(Stored data entries)
* * * * *
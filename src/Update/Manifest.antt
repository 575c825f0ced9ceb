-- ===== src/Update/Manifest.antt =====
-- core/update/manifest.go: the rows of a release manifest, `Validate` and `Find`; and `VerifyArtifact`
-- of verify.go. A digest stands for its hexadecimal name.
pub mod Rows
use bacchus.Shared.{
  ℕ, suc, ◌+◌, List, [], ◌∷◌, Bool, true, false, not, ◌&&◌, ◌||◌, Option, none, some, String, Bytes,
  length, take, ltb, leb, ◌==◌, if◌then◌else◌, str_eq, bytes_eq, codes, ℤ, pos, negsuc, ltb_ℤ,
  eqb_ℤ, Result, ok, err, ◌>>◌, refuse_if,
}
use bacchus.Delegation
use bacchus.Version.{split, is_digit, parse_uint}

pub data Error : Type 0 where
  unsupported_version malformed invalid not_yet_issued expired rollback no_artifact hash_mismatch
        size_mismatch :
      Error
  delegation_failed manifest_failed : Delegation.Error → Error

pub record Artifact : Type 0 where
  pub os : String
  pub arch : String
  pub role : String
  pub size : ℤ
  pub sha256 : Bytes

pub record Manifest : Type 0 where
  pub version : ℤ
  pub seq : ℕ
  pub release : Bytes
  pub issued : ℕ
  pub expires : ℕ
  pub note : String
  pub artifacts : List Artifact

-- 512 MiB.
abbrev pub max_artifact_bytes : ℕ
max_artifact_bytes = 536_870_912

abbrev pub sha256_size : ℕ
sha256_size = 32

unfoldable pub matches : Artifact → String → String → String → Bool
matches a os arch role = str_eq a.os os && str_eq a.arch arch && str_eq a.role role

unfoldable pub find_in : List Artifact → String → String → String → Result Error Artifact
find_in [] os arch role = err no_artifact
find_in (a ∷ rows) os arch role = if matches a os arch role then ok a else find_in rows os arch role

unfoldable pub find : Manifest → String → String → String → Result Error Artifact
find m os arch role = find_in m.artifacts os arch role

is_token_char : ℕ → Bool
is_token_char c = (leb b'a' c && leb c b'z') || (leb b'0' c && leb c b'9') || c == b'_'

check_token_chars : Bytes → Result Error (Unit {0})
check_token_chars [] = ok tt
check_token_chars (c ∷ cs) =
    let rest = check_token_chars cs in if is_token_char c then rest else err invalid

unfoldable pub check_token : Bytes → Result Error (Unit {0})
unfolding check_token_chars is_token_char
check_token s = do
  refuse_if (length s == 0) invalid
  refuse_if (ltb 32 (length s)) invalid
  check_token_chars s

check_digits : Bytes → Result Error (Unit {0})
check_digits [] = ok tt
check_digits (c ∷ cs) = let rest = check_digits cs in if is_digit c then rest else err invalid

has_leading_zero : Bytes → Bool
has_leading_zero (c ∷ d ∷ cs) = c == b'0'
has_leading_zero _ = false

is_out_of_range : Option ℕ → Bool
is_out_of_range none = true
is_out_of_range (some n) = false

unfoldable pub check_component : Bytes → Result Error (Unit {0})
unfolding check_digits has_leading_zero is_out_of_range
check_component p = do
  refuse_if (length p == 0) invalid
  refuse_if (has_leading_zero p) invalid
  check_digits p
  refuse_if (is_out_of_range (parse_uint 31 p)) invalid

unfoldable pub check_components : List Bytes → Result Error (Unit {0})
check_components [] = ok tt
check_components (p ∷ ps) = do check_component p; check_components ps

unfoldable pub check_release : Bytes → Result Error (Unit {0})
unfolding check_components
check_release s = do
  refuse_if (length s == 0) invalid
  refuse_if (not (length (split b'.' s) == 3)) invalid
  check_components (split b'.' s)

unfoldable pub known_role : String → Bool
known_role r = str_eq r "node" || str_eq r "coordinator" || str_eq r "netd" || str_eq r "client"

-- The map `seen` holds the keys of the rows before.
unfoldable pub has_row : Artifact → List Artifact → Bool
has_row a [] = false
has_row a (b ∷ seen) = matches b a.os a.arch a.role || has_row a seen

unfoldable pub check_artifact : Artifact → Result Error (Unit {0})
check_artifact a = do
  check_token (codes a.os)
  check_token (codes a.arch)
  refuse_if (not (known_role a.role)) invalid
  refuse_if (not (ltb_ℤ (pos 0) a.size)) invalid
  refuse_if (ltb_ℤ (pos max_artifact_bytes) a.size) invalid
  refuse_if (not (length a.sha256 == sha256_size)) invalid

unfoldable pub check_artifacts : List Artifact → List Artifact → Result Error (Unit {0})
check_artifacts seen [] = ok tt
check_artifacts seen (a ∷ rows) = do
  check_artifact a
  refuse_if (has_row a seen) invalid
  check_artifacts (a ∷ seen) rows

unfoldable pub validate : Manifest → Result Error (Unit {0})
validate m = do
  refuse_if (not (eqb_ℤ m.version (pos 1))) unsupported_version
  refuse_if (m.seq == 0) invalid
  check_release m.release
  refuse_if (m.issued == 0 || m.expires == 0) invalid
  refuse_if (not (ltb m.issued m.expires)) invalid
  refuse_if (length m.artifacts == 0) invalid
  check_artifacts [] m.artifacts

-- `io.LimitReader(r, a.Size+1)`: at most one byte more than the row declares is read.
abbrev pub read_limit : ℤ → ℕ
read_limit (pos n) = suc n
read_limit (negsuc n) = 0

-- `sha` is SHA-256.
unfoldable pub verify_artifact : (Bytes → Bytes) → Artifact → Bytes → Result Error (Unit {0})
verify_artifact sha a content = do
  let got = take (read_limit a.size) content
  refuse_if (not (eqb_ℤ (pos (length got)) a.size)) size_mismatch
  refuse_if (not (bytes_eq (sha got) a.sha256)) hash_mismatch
* * * * *
Search the data above for the string "rest". Report every line where it is found.

    let rest = check_token_chars cs in if is_token_char c then rest else err invalid
check_digits (c ∷ cs) = let rest = check_digits cs in if is_digit c then rest else err invalid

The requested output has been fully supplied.